The solution here is to the first choice, i.e. "define split as a syntactic function", so write:
let split l = chop boxsize l;;
The value restriction in F# sometimes restricts more thatn in OCaml. For example, consider a function for calculating the cross-product of two lists:
let product l1 l2 =
List.concat (List.map (fun x -> List.map (fun y -> (x, y)) l2) l1)
It works, but when I try to call product with one empty list as argument I get:
> product [1; 2] [];;
stdin(0,0): error: FS0030: Value restriction. Type inference has inferred the signature
val it : (int * '_a) list
but its definition is not a simple data constant. Either define 'it'
as a simple data term, make it a function, or add a type constraint to instantiate the type parameters.
stopped due to error
A minimal case that reproduced the same problem is:
> List.map (fun x -> x) [];;
stdin(0,0): error: FS0030: Value restriction. Type inference has inferred the signature
val it : '_a list
but its definition is not a simple data constant.

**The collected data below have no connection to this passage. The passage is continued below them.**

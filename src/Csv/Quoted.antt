-- ===== src/Csv/Quoted.antt =====
-- What a spreadsheet writes is read back.
use phone_control.Common.{
  ℕ, ◌≡◌, ◌≢◌, ◌∙◌, refl, sym, ap, inl, inr, true, false, List, [], ◌∷◌, ◌++◌, ◌==◌, ==_iff,
  if◌then◌else◌, Bool-cases, arith,
}
use mathlib.Core.Path.{subst}
use phone_control.Rules.Clock.{Text}
use phone_control.Csv.{quote, line_feed, Reading, add_char, read_text, last_row, parse_delimited}

-- A quote within quotes is written twice.
abbrev pub doubled : Text → Text → Text
doubled [] rest = rest
doubled (c ∷ cs) rest =
    let later = doubled cs rest in if c == quote then quote ∷ quote ∷ later else c ∷ later

-- A field in quotes, before the rest of the file.
abbrev pub field_text : (field rest : Text) → Text
field_text field rest = quote ∷ doubled field (quote ∷ rest)

-- A line of a field and further fields.
abbrev pub row_text : (delimiter : ℕ) (field : Text) (fields : List Text) (rest : Text) → Text
row_text delimiter field [] rest = field_text field (line_feed ∷ rest)
row_text delimiter field (next ∷ fields) rest =
    field_text field (delimiter ∷ row_text delimiter next fields rest)

abbrev pub table_text : (delimiter : ℕ) → List (Text × List Text) → Text
table_text delimiter [] = []
table_text delimiter ((field, fields) ∷ rows) =
    row_text delimiter field fields (table_text delimiter rows)

abbrev pub fields_of : List (Text × List Text) → List (List Text)
fields_of [] = []
fields_of ((field, fields) ∷ rows) = (field ∷ fields) ∷ fields_of rows

append-nil : {A : Type 0} (xs : List A) → xs ++ [] ≡ xs
append-nil [] = refl
append-nil (x ∷ xs) = ap (λ r. x ∷ r) (append-nil xs)

append-append : {A : Type 0} (xs ys zs : List A) → (xs ++ ys) ++ zs ≡ xs ++ (ys ++ zs)
append-append [] ys zs = refl
append-append (x ∷ xs) ys zs = ap (λ r. x ∷ r) (append-append xs ys zs)

module _ (delimiter : ℕ) where
  inside :
      (s : Reading) (c : ℕ) (cs : Text)
      → (c == quote) ≡ false
      → read_text delimiter true s (c ∷ cs) ≡ read_text delimiter true (add_char c s) cs
  inside s c [] e = rw e refl
  inside s c (d ∷ cs) e = rw (e, read_text) refl

  closing :
      (s : Reading) (after : ℕ) (rest : Text)
      → (after == quote) ≡ false
      → read_text delimiter true s (quote ∷ after ∷ rest)
        ≡ read_text delimiter false s (after ∷ rest)
  closing s after rest e =
      subst
        (λ b.
          (elim b [
            | true ↦ read_text delimiter true (add_char quote s) rest
            | false ↦ read_text delimiter false s (after ∷ rest)
          ])
          ≡ read_text delimiter false s (after ∷ rest))
        (sym e) refl

  -- Up to the closing quote, which no quote follows.
  read_doubled :
      (field : Text) (s : Reading) (after : ℕ) (rest : Text)
      → (after == quote) ≡ false
      → read_text delimiter true s (doubled field (quote ∷ after ∷ rest))
        ≡ read_text delimiter false (record s { field = s.field ++ field }) (after ∷ rest)
  read_doubled [] s after rest e =
      closing s after rest e
      ∙ ap (λ f. read_text delimiter false (record s { field = f }) (after ∷ rest))
          (sym (append-nil s.field))
  read_doubled (c ∷ cs) s after rest e = elim (Bool-cases (c == quote)) [
    | inl q ↦
        let same : c ≡ quote = (==_iff c quote).0 q in
        rw (q, same)
          (read_doubled cs (add_char quote s) after rest e
            ∙ ap (λ f. read_text delimiter false (record s { field = f }) (after ∷ rest))
                (append-append s.field (quote ∷ []) cs))
    | inr q ↦ rw q (
        inside s c (doubled cs (quote ∷ after ∷ rest)) q
        ∙ read_doubled cs (add_char c s) after rest e
        ∙ ap (λ f. read_text delimiter false (record s { field = f }) (after ∷ rest))
            (append-append s.field (c ∷ []) cs))
  ]

  module _ (h : (delimiter == quote) ≡ false) (k : (line_feed == delimiter) ≡ false) where
    read_row :
        (field : Text) (fields : List Text) (rows : List (List Text)) (row : List Text)
        (rest : Text)
        → read_text delimiter false
            (record { rows = rows; row = row; field = [] })
            (row_text delimiter field fields rest)
          ≡ read_text delimiter false
              (record { rows = rows ++ (row ++ field ∷ fields) ∷ []; row = []; field = [] })
              rest
    read_row field [] rows row rest =
        read_doubled field (record { rows = rows; row = row; field = [] }) line_feed rest refl
        ∙ rw k refl
    read_row field (next ∷ fields) rows row rest =
        read_doubled field (record { rows = rows; row = row; field = [] }) delimiter
          (row_text delimiter next fields rest) h
        ∙ rw (read_text, h, (==_iff delimiter delimiter).1 refl)
            (read_row next fields rows (row ++ field ∷ []) rest
              ∙ ap
                  (λ r.
                    read_text delimiter false
                      (record { rows = rows ++ r ∷ []; row = []; field = [] }) rest)
                  (append-append row (field ∷ []) (next ∷ fields)))

    read_rows :
        (table : List (Text × List Text)) (rows : List (List Text))
        → last_row (
            read_text delimiter false
              (record { rows = rows; row = []; field = [] })
              (table_text delimiter table))
          ≡ rows ++ fields_of table
    read_rows [] rows = sym (append-nil rows)
    read_rows ((field, fields) ∷ table) rows =
        ap last_row (read_row field fields rows [] (table_text delimiter table))
        ∙ read_rows table (rows ++ (field ∷ fields) ∷ [])
        ∙ append-append rows ((field ∷ fields) ∷ []) (fields_of table)

-- A file whose fields stand in quotes, their own quotes doubled, is read as the table that was
-- written, whatever the fields hold, for each delimiter but the quote and the line feed.
pub parse_delimited-table_text :
    (delimiter : ℕ) (table : List (Text × List Text))
    → delimiter ≢ quote
    → delimiter ≢ line_feed
    → parse_delimited (table_text delimiter table) delimiter ≡ fields_of table
unfolding parse_delimited
parse_delimited-table_text delimiter table h k =
    let apart : (delimiter == quote) ≡ false = ground (arith, h) in
    let other : (line_feed == delimiter) ≡ false = ground (arith, k) in
    read_rows delimiter apart other table []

Either define 'it'
as a simple data term, make it a function, or add a type constraint to instantiate the type parameters.
stopped due to error
The same examples do not hit the value restriction in OCaml (3.09.3) :
# let prod l1 l2 = List.concat (List.map (fun x -> List.map (fun y -> (x, y)) l2) l1);; val prod : 'a list -> 'b list -> ('a * 'b) list = <fun>
# prod [1; 2] [5; 6];;
- : (int * int) list = [(1, 5); (1, 6); (2, 5); (2, 6)]
# prod [1; 2] [];;
- : (int * 'a) list = []
# prod [] [];;
- : ('a * 'b) list = []
# List.map (fun x -> x) [];;
- : 'a list = []
The appropriate step is simply to add a type annotation to your scripting code, e.g.

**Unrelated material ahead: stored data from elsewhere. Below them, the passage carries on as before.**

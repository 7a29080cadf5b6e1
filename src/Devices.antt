-- ===== src/Devices.antt =====
-- The life of a phone on the server: its enrolment, its tokens and its revocation.
pub mod Tokens
pub mod Runs
pub mod Rotation
pub mod Together
pub mod Enrollment
pub mod SingleUse
pub mod Revocation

(product [1; 2] [] : (int * int) list)
To explain the behaviour, first note that the "definition" of the value is the function application expression
"product [1; 2] []"
As far as F# is concerned this is not a simple value (the fact that it may eventually evaluate to a simple value is not important here - the type system doesn't know that)
OCaml has a special rule that handles this case: type variables that only in co-variant positions in a value can be generalized. However, this rule is not an appropriate rule for F# for a number of reasons, e.g. type constructors are not known to be co/contra variant in F#, and OCaml relies on the use of uniform representations for polymorphic values.

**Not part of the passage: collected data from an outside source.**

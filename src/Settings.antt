-- ===== src/Settings.antt =====
-- apps/api/src/settings/settings.service.ts: the settings of a company, a depot and a phone. A JSON
-- column is `none` when it does not hold the kind of value that the code looks for; a JSON object is
-- a number.
pub mod Cascade
use phone_control.Common.{
  ℕ, ◌+◌, Bool, true, false, ◌&&◌, ◌||◌, List, [], ◌∷◌, Option, none, some, ◌==◌, ltb, not, is_some,
  if◌then◌else◌, keep, get_or,
}
use phone_control.Common.Sort.{sort_by}

-- NUMERIC_KEYS
pub data NumericKey : Type 0 where
  location_interval_active_seconds location_interval_idle_seconds : NumericKey
  location_min_distance_meters heartbeat_interval_seconds sync_interval_seconds : NumericKey
  offline_auth_max_duration_minutes offline_cache_max_age_minutes : NumericKey
  session_max_duration_minutes battery_alert_threshold offline_alert_delay_minutes : NumericKey
  gps_accuracy_threshold_meters geofence_confirmation_seconds : NumericKey
  geofence_confirmation_samples : NumericKey

abbrev pub numeric_keys : List NumericKey
numeric_keys =
    location_interval_active_seconds ∷ location_interval_idle_seconds ∷ location_min_distance_meters
    ∷ heartbeat_interval_seconds ∷ sync_interval_seconds ∷ offline_auth_max_duration_minutes
    ∷ offline_cache_max_age_minutes ∷ session_max_duration_minutes ∷ battery_alert_threshold
    ∷ offline_alert_delay_minutes ∷ gps_accuracy_threshold_meters ∷ geofence_confirmation_seconds
    ∷ geofence_confirmation_samples ∷ []

pub record ResolvedSettings : Type 0 where
  pub numeric : NumericKey → ℕ
  pub offline_auth_enabled : Bool
  pub allowed_apps : List ℕ
  pub blocked_apps : List ℕ
  pub kiosk_features : ℕ
  pub version : ℕ

-- A row of the table. The numbers, the flag and the version are never null.
pub record DeviceSettings : Type 0 where
  pub company_id : ℕ
  pub device_id : Option ℕ
  pub depot_id : Option ℕ
  pub numeric : NumericKey → ℕ
  pub offline_auth_enabled : Bool
  pub allowed_apps : Option (List ℕ)
  pub blocked_apps : Option (List ℕ)
  pub kiosk_features : Option ℕ
  pub version : ℕ

abbrev pub default_numeric : NumericKey → ℕ
default_numeric location_interval_active_seconds = 60
default_numeric location_interval_idle_seconds = 300
default_numeric location_min_distance_meters = 50
default_numeric heartbeat_interval_seconds = 300
default_numeric sync_interval_seconds = 900
default_numeric offline_auth_max_duration_minutes = 480
default_numeric offline_cache_max_age_minutes = 1440
default_numeric session_max_duration_minutes = 960
default_numeric battery_alert_threshold = 15
default_numeric offline_alert_delay_minutes = 30
default_numeric gps_accuracy_threshold_meters = 100
default_numeric geofence_confirmation_seconds = 120
default_numeric geofence_confirmation_samples = 3

-- DEFAULT_SETTINGS; 0 is the empty object.
abbrev pub default_settings : ResolvedSettings
default_settings = record {
  numeric = default_numeric;
  offline_auth_enabled = true;
  allowed_apps = [];
  blocked_apps = [];
  kiosk_features = 0;
  version = 0;
}

abbrev pub is_this : Option ℕ → Option ℕ → Bool
is_this none found = false
is_this (some id) none = false
is_this (some id) (some found) = found == id

-- The rows that `findMany` selects.
abbrev pub concerns : ℕ → (device depot : Option ℕ) → DeviceSettings → Bool
concerns company device depot r =
    r.company_id == company
    && (is_this device r.device_id
        || (is_this depot r.depot_id && not (is_some r.device_id))
        || (not (is_some r.device_id) && not (is_some r.depot_id)))

abbrev pub rank : DeviceSettings → ℕ
rank r = if is_some r.device_id then 3 else if is_some r.depot_id then 2 else 1

abbrev pub ranks_before : DeviceSettings → DeviceSettings → Bool
ranks_before a b = ltb (rank a) (rank b)

-- The name of a key.
abbrev pub index : NumericKey → ℕ
index location_interval_active_seconds = 0
index location_interval_idle_seconds = 1
index location_min_distance_meters = 2
index heartbeat_interval_seconds = 3
index sync_interval_seconds = 4
index offline_auth_max_duration_minutes = 5
index offline_cache_max_age_minutes = 6
index session_max_duration_minutes = 7
index battery_alert_threshold = 8
index offline_alert_delay_minutes = 9
index gps_accuracy_threshold_meters = 10
index geofence_confirmation_seconds = 11
index geofence_confirmation_samples = 12

-- The loop over the numeric keys of one row.
unfoldable pub apply_keys : List NumericKey → (row resolved : NumericKey → ℕ) → NumericKey → ℕ
apply_keys [] row resolved key = resolved key
apply_keys (k ∷ ks) row resolved key =
    apply_keys ks row (λ j. if index j == index k then row k else resolved j) key

unfoldable pub apply_row : DeviceSettings → ResolvedSettings → ResolvedSettings
unfolding apply_keys
apply_row row resolved = record {
  numeric = apply_keys numeric_keys row.numeric resolved.numeric;
  offline_auth_enabled = row.offline_auth_enabled;
  allowed_apps = get_or row.allowed_apps resolved.allowed_apps;
  blocked_apps = get_or row.blocked_apps resolved.blocked_apps;
  kiosk_features = get_or row.kiosk_features resolved.kiosk_features;
  version = resolved.version + row.version;
}

-- `version` is counted beside the settings, from 0 like that of the defaults.
unfoldable pub apply_rows : List DeviceSettings → ResolvedSettings → ResolvedSettings
unfolding apply_row
apply_rows [] resolved = resolved
apply_rows (r ∷ rs) resolved = apply_rows rs (apply_row r resolved)

unfoldable pub resolve_settings :
    (table : List DeviceSettings) (company : ℕ) (device depot : Option ℕ) → ResolvedSettings
unfolding apply_rows sort_by
resolve_settings table company device depot =
    apply_rows (sort_by ranks_before (keep (concerns company device depot) table)) default_settings

abbrev pub resolve_for_device : List DeviceSettings → ℕ → ℕ → Option ℕ → ResolvedSettings
resolve_for_device table company device depot = resolve_settings table company (some device) depot

abbrev pub resolve_for_company : List DeviceSettings → ℕ → Option ℕ → ResolvedSettings
resolve_for_company table company depot = resolve_settings table company none depot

On the F# list Don Syme wrote: "I'm not that keen on extensions to type systems to reduce the incidence of the value restriction: in particular I find that it makes a difficult-to-explain subject even more difficult to explain, with only minor benefit to the advanced user. Do you want to be able to explain the value restriction to beginners, or to save advanced users a couple of type annotations? In F# we opted for the former."